This instrumental LOD is typically lower than what can be attained in a soil testing lab
where a given analyte such as phosphorus is present in the sample matrix with other
constituents after extraction.
For extraction methods of elements from soils, we refer to the LOD as being the
method detection limit (MDL). The MDL is approached in soil testing by analyzing
reagent or extractant blanks. A measureable amount of an analyte may exist simply by
performing the method itself due to small concentrations of elements being present in
reagents, extraction vessels and so forth. Blanks are probably most important in
measurements of low concentrations and in micronutrient analysis. In routine soil fertility
testing, methods should be evaluated with blanks to determine if significant contributions
occur. Occasionally, preparation blanks must be used due to the inability of the
laboratory to exactly duplicate the analyzed solution matrix. This may be due to the
laboratory accepting solutions for analyses and the client failed to provide adequate
matrix solution for the development of standards.
Although it is customary to not report zero values, some soil testing labs when
testing soils for agronomic recommendations may do so since reporting a non-value such
as below MDL may be confusing to growers. Given the variability in soil fertility across
an agricultural field and methods used in sample collection relative value and subsequent
recommendation are most important. For environmental testing, values below the MDL
should be qualified and reported as such.
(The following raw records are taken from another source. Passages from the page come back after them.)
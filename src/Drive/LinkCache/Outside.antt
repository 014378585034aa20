-- ===== src/Drive/LinkCache/Outside.antt =====
-- The links that are kept, the store on disk, the server, and what the code asks of a link and of a
-- key: parts of api/drive/client.go and api/drive/objectcache.go.
use proton_utils.Base.{
  ℕ, ◌==◌, ◌≡◌, Bool, true, false, not, ◌&&◌, ◌||◌, Option, none, some, List, [], ◌∷◌, Bytes, codes,
  ◌=?◌, list_eq, nat_eq, Result, if◌then◌else◌,
}

-- `maxCacheEntries`, `evictionTarget` and `maxXAttrRetries`
abbrev pub max_cache_entries : ℕ
max_cache_entries = 10000

abbrev pub eviction_target : ℕ
eviction_target = 9000

abbrev pub max_xattr_retries : ℕ
max_xattr_retries = 3

pub data LinkType : Type 0 where
  folder file other_type : LinkType

-- The active revision in `FileProperties`
pub record Revision : Type 0 where
  pub id : Bytes
  pub xattr : Bytes
  pub size : ℕ

-- `proton.Link`, as far as the cache looks into it; the rest is `body`.
pub record CachedLink : Type 0 where
  pub link_id : Bytes
  pub type : LinkType
  pub revision : Option Revision
  pub body : Bytes

pub data Erased : Type 0 where
  erased missing stuck : Erased

-- The disk store (diskv), whose failed calls change nothing, and encoding/gob at links.
pub record Store : Type 1 where
  pub State : Type 0
  pub Text : Type 0
  pub keys : State → List Bytes
  pub read : State → Bytes → Option Text
  pub write : State → Bytes → Text → State × Bool
  pub erase : State → Bytes → State × Erased
  pub modified : State → Bytes → Option ℕ
  pub encode : CachedLink → Text
  pub decode : Text → Option CachedLink
  pub decode-encode : (l : CachedLink) → decode (encode l) ≡ some l
  pub read-write :
      (s : State) (k j : Bytes) (t : Text)
      → (write s k t).1 ≡ true
      → read (write s k t).0 j ≡ (if k =? j then some t else read s j)
  pub read-write_failed :
      (s : State) (k : Bytes) (t : Text) → (write s k t).1 ≡ false → (write s k t).0 ≡ s
  pub read-erase :
      (s : State) (k j : Bytes)
      → (erase s k).1 ≡ erased
      → read (erase s k).0 j ≡ (if k =? j then none else read s j)

-- `linkFetcher`: the two requests that a fetch makes
pub record Fetcher : Type 1 where
  pub State : Type 0
  pub Failure : Type 0
  pub get_link : State → Bytes → Bytes → State × Result Failure CachedLink
  pub get_revision : State → Bytes → Bytes → Bytes → State × Result Failure Revision

-- `SanitizeLinkID`: the padding at the end is cut off
unfoldable pub trim_right : ℕ → Bytes → Bytes
trim_right b [] = []
trim_right b (c ∷ cs) = elim (trim_right b cs) [
  | [] ↦ if c == b then [] else c ∷ []
  | d ∷ ds ↦ c ∷ d ∷ ds
]

unfoldable pub sanitize_link_id : Bytes → Bytes
unfolding trim_right
sanitize_link_id id = trim_right b'=' id

unfoldable pub starts_with : Bytes → Bytes → Bool
starts_with [] s = true
starts_with (p ∷ ps) [] = false
starts_with (p ∷ ps) (c ∷ cs) = p == c && starts_with ps cs

unfoldable pub contains : Bytes → Bytes → Bool
unfolding starts_with
contains p [] = starts_with p []
contains p (c ∷ cs) = starts_with p (c ∷ cs) || contains p cs

-- the keys of blocks, which share the store
unfoldable pub is_block : Bytes → Bool
unfolding contains
is_block key = contains (codes ".block.") key

unfoldable pub is_empty : Bytes → Bool
is_empty [] = true
is_empty (_ ∷ _) = false

-- A file is complete with its extended attributes, and can be completed if its revision is known.
unfoldable pub has_xattr : CachedLink → Bool
unfolding is_empty
has_xattr l = elim l.revision [ none ↦ false | some r ↦ not (is_empty r.xattr) ]

unfoldable pub has_revision : CachedLink → Bool
unfolding is_empty
has_revision l = elim l.revision [ none ↦ false | some r ↦ not (is_empty r.id) ]

unfoldable pub is_folder : CachedLink → Bool
is_folder l = elim l.type [ folder ↦ true | _ ↦ false ]

unfoldable pub is_file : CachedLink → Bool
is_file l = elim l.type [ file ↦ true | _ ↦ false ]

unfoldable pub is_complete : CachedLink → Bool
unfolding is_folder has_xattr
is_complete l = is_folder l || has_xattr l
More common in agronomic laboratories to
establish a MRL that is sufficiently low enough to insure all agronomic fertilizer or
remediation requirements/recommendations can be utilized. In this instance, a less than
symbol is placed in front of the MRL.
With this understanding, we now discuss assessing data for accuracy and
precision.
Quality Assessment of Accuracy and
Precision through Statistical Control of Data
2
Accuracy and precision are two words used when qualifying data. Accuracy is
defined as the closeness of the analytical value to the “true quantitative value” for a given
analyte. If one thinks of a target, great accuracy is hitting the bull’s eye. A lab should
define its confidence in reporting a value.
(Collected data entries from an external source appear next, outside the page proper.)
-- ===== src/Drive/LinkCache.antt =====
-- The cache of links of the Drive client, api/drive/objectcache.go and the parts of client.go that
-- use it: what is staged at the start, what is on disk, and the fetch of a link with its
-- extended attributes. Calls run one after the other; `run_eviction` stands for the goroutine.
pub mod Outside
pub mod Hydration
pub mod Erasures
pub mod Hydrated
pub mod Hits
pub mod Eviction
pub mod Failures
use proton_utils.Base.{
  ℕ, zero, suc, ◌+◌, ◌-◌, ◌≤◌, ◌==◌, leb, ltb, ◌≡◌, Bool, true, false, not, ◌&&◌, ◌||◌, Option,
  none, some, List, [], ◌∷◌, length, take, Bytes, codes, Map, lookup, insert, delete, ◌=?◌, list_eq,
  nat_eq, Result, ok, err, if◌then◌else◌,
}
pub use proton_utils.Drive.LinkCache.Outside.{
  max_cache_entries, eviction_target, max_xattr_retries, LinkType, Revision, CachedLink, Erased,
  Store, Fetcher, folder, file, other_type, erased, missing, stuck,
}
unfoldable pub use proton_utils.Drive.LinkCache.Outside.{
  trim_right, sanitize_link_id, starts_with, contains, is_block, is_empty, has_xattr, has_revision,
  is_folder, is_file, is_complete,
}

module _ (st : Store) (fe : Fetcher) where
  pub record LinkCache : Type 0 where
    pub server : fe.State
    pub disk : st.State
    pub hydrated : Map Bytes CachedLink
    pub fail_count : Map Bytes ℕ
    pub cache_count : ℕ
    pub evicting : Bool

  -- `cacheCount` is decreased if it is not 0
  unfoldable pub erase_key : Bytes → LinkCache → LinkCache
  erase_key key c = record c { disk = (st.erase c.disk key).0 }

  unfoldable pub drop_entry : Bytes → LinkCache → LinkCache
  unfolding erase_key
  drop_entry key c = record (erase_key key c) { cache_count = c.cache_count - 1 }

  -- `tryObjectCacheHit` on disk: an entry that does not decode or is not complete is erased
  unfoldable pub disk_hit : Bytes → LinkCache → LinkCache × Option CachedLink
  unfolding is_complete drop_entry
  disk_hit id c = elim (st.read c.disk (sanitize_link_id id)) [
    | none ↦ (c, none)
    | some text ↦ elim (st.decode text) [
      | none ↦ (drop_entry (sanitize_link_id id) c, none)
      | some l ↦ if is_complete l then (c, some l) else (drop_entry (sanitize_link_id id) c, none)
    ]
  ]

  -- `tryObjectCacheHit`
  unfoldable pub try_object_cache_hit : Bytes → LinkCache → LinkCache × Option CachedLink
  unfolding is_complete disk_hit
  try_object_cache_hit id c = elim (lookup id c.hydrated) [
    | none ↦ disk_hit id c
    | some l ↦
        if is_complete l
        then (record c { hydrated = delete id c.hydrated }, some l)
        else disk_hit id c
  ]

  -- `takeStagedIncomplete`
  unfoldable pub take_staged_incomplete : Bytes → LinkCache → LinkCache × Option CachedLink
  unfolding is_file has_revision has_xattr
  take_staged_incomplete id c = elim (lookup id c.hydrated) [
    | none ↦ (c, none)
    | some l ↦
        if not (is_file l)
        then (c, none)
        else if not (has_revision l)
        then (c, none)
        else if has_xattr l
        then (c, none)
        else (record c { hydrated = delete id c.hydrated }, some l)
  ]

  -- An entry as `runEviction` scans it.
  pub record Aged : Type 0 where
    pub key : Bytes
    pub mtime : ℕ

  unfoldable pub scan : List Bytes → LinkCache → List Aged
  unfolding is_block
  scan [] c = []
  scan (key ∷ keys) c =
      let rest = scan keys c in
      if is_block key || ltb (length key) 2 then rest else elim (st.modified c.disk key) [
        | none ↦ rest
        | some t ↦ record { key = key; mtime = t } ∷ rest
      ]

  -- `sort.Slice` by the time of the last write
  unfoldable pub insert_aged : Aged → List Aged → List Aged
  insert_aged e [] = e ∷ []
  insert_aged e (x ∷ xs) =
      let rest = insert_aged e xs in if leb e.mtime x.mtime then e ∷ x ∷ xs else x ∷ rest

  unfoldable pub oldest_first : List Aged → List Aged
  unfolding insert_aged
  oldest_first [] = []
  oldest_first (e ∷ es) = insert_aged e (oldest_first es)

  -- The loop of `runEviction`, with how many entries remain. What it takes off `cacheCount` on the
  -- way is overwritten at the end.
  unfoldable pub evict : List Aged → ℕ → LinkCache → LinkCache × ℕ
  unfolding erase_key
  evict [] remaining c = (c, remaining)
  evict (e ∷ es) remaining c =
      evict es (elim (st.erase c.disk e.key).1 [ erased ↦ remaining - 1 | _ ↦ remaining ])
        (erase_key e.key c)

  -- `runEviction` down to a number of entries, which in the program is `eviction_target`
  unfoldable pub run_eviction : ℕ → LinkCache → LinkCache
  unfolding scan oldest_first evict
  run_eviction limit c =
      let entries = scan (st.keys c.disk) c in
      if leb (length entries) limit
      then record c { cache_count = length entries; evicting = false }
      else (let (c', remaining) =
            evict (take (length entries - limit) (oldest_first entries)) (length entries) c in
          record c' { cache_count = remaining; evicting = false })

  -- `triggerEviction`, which starts the goroutine where `evicting` is not set yet
  unfoldable pub trigger_eviction : LinkCache → LinkCache
  trigger_eviction c = record c {
    evicting = if leb c.cache_count max_cache_entries then c.evicting else true;
  }

  -- `writeCacheEntry`
  unfoldable pub write_cache_entry : Bytes → CachedLink → LinkCache → LinkCache
  unfolding trigger_eviction
  write_cache_entry id l c =
      let (disk, written) = st.write c.disk (sanitize_link_id id) (st.encode l) in
      if written
      then trigger_eviction (record c { disk = disk; cache_count = c.cache_count + 1 })
      else record c { disk = disk }

  -- `eraseCacheEntry`
  unfoldable pub erase_cache_entry : Bytes → LinkCache → LinkCache
  erase_cache_entry id c =
      let (disk, e) = st.erase c.disk (sanitize_link_id id) in
      record c {
        disk = disk;
        cache_count = elim e [ erased ↦ c.cache_count - 1 | _ ↦ c.cache_count ];
        fail_count = delete id c.fail_count;
      }

  abbrev pub failures : Bytes → LinkCache → ℕ
  failures id c = elim (lookup id c.fail_count) [ none ↦ 0 | some k ↦ k ]

  unfoldable pub keep : Bool → Bytes → CachedLink → LinkCache → LinkCache
  unfolding write_cache_entry
  keep disk_allowed id l c = if disk_allowed then write_cache_entry id l c else c

  -- `fetchLinkWithXAttr` with the revision's answer
  unfoldable pub with_xattr :
      Bool
      → Bytes
      → CachedLink
      → Revision
      → LinkCache
      → fe.State × Result fe.Failure Revision
      → LinkCache × CachedLink
  unfolding keep
  with_xattr disk_allowed id l r c (s, err _) =
      (record c { server = s; fail_count = insert id (failures id c + 1) c.fail_count }, l)
  with_xattr disk_allowed id l r c (s, ok full) =
      let whole = record l {
        revision = some (record r { xattr = full.xattr; size = full.size });
      } in
      (
        keep disk_allowed id whole (record c { server = s; fail_count = delete id c.fail_count }),
        whole,
      )

  -- `fetchLinkWithXAttr` with a file, whose revision is not fetched after too many failures
  unfoldable pub complete_file :
      Bytes → Bytes → Bool → CachedLink → Option Revision → LinkCache → LinkCache × CachedLink
  unfolding with_xattr is_empty
  complete_file share id disk_allowed l none c = (c, l)
  complete_file share id disk_allowed l (some r) c =
      if is_empty r.id
      then (c, l)
      else if leb max_xattr_retries (failures id c)
      then (c, l)
      else with_xattr disk_allowed id l r c (fe.get_revision c.server share id r.id)

  -- `fetchLinkWithXAttr` once it has the link
  unfoldable pub complete_link :
      Bytes → Bytes → Bool → CachedLink → LinkCache → LinkCache × CachedLink
  unfolding is_folder keep complete_file
  complete_link share id disk_allowed l c =
      if is_folder l
      then (keep disk_allowed id l c, l)
      else complete_file share id disk_allowed l l.revision c

  -- `fetchLinkWithXAttr`
  unfoldable pub fetch_link_with_xattr :
      Bytes
      → Bytes
      → Bool
      → Option CachedLink
      → LinkCache
      → LinkCache × Result fe.Failure CachedLink
  unfolding complete_link
  fetch_link_with_xattr share id disk_allowed (some staged) c =
      let (c', l) = complete_link share id disk_allowed staged c in (c', ok l)
  fetch_link_with_xattr share id disk_allowed none c =
      let (s, r) = fe.get_link c.server share id in
      elim r [
        | err e ↦ (record c { server = s }, err e)
        | ok l ↦
            let (c', l') = complete_link share id disk_allowed l (record c { server = s }) in
            (c', ok l')
      ]

  -- `GetCachedLink` after the lookup in the cache
  unfoldable pub fetch_staged :
      Bytes → Bytes → LinkCache × Option CachedLink → LinkCache × Result fe.Failure CachedLink
  unfolding fetch_link_with_xattr
  fetch_staged share id (c, staged) = fetch_link_with_xattr share id true staged c

  unfoldable pub after_hit :
      Bytes → Bytes → LinkCache × Option CachedLink → LinkCache × Result fe.Failure CachedLink
  unfolding fetch_staged take_staged_incomplete
  after_hit share id (c, some l) = (c, ok l)
  after_hit share id (c, none) = fetch_staged share id (take_staged_incomplete id c)

  -- `GetCachedLink`, where `disk_allowed` is what `sharePermitsDiskCache` says
  unfoldable pub get_cached_link :
      Bytes → Bytes → Bool → LinkCache → LinkCache × Result fe.Failure CachedLink
  unfolding try_object_cache_hit after_hit fetch_link_with_xattr
  get_cached_link share id disk_allowed c =
      if disk_allowed
      then after_hit share id (try_object_cache_hit id c)
      else fetch_link_with_xattr share id false none c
Precision is a measure of the consistency of reproducing a value; it is a measure
of scattering of data around the mean. Tightly clustered data indicate great precision but
precision does not suggest accuracy. When data are tightly clustered but inaccurate,
random error is small but there is a strong indication of bias or occurrence of systematic
error.
“Control” or “check” samples, also referred to as internal reference samples are
commonly used in labs to assess accuracy and precision. Check samples are often used
by labs that analyze a large number of samples to circumvent the very high cost of the
purchase of prepared reference samples. The following guidelines should enable someone
to prepare a “check” sample for quality assessment.





Select soils similar in soil chemistry, texture and organic matter to those analyzed
for clients
o Gather several different check samples to encompass a range of results
Dry, grind and screen to 2mm size just as preparing clients’ samples
Thoroughly mix the sample to acquire homogeneity.
o An affordable, effective method of mixing is through placement of the
ground, screened soil on a clean tarp; the sample is split and mixed by
pulling alternate corners of the tarp toward the center. This effectively
divides the sample in half upon each pull.
o Another method of mixing is through use of a cement mixer.
Subsample the thoroughly mixed sample 30 times to acquire subsamples for soil
analysis. Samples should be run in slugs of 10 times on three different days.
After collection of 30 subsamples from the prepared check soil as above, each are
tested for analytes using SOPs of the lab. A time of at least 4 hours should
separate each analysis; some labs analyze samples on different days.
o Labs preparing check soils sometimes exchange samples with other labs
using same methods in an effort to attain the best estimate of a true value.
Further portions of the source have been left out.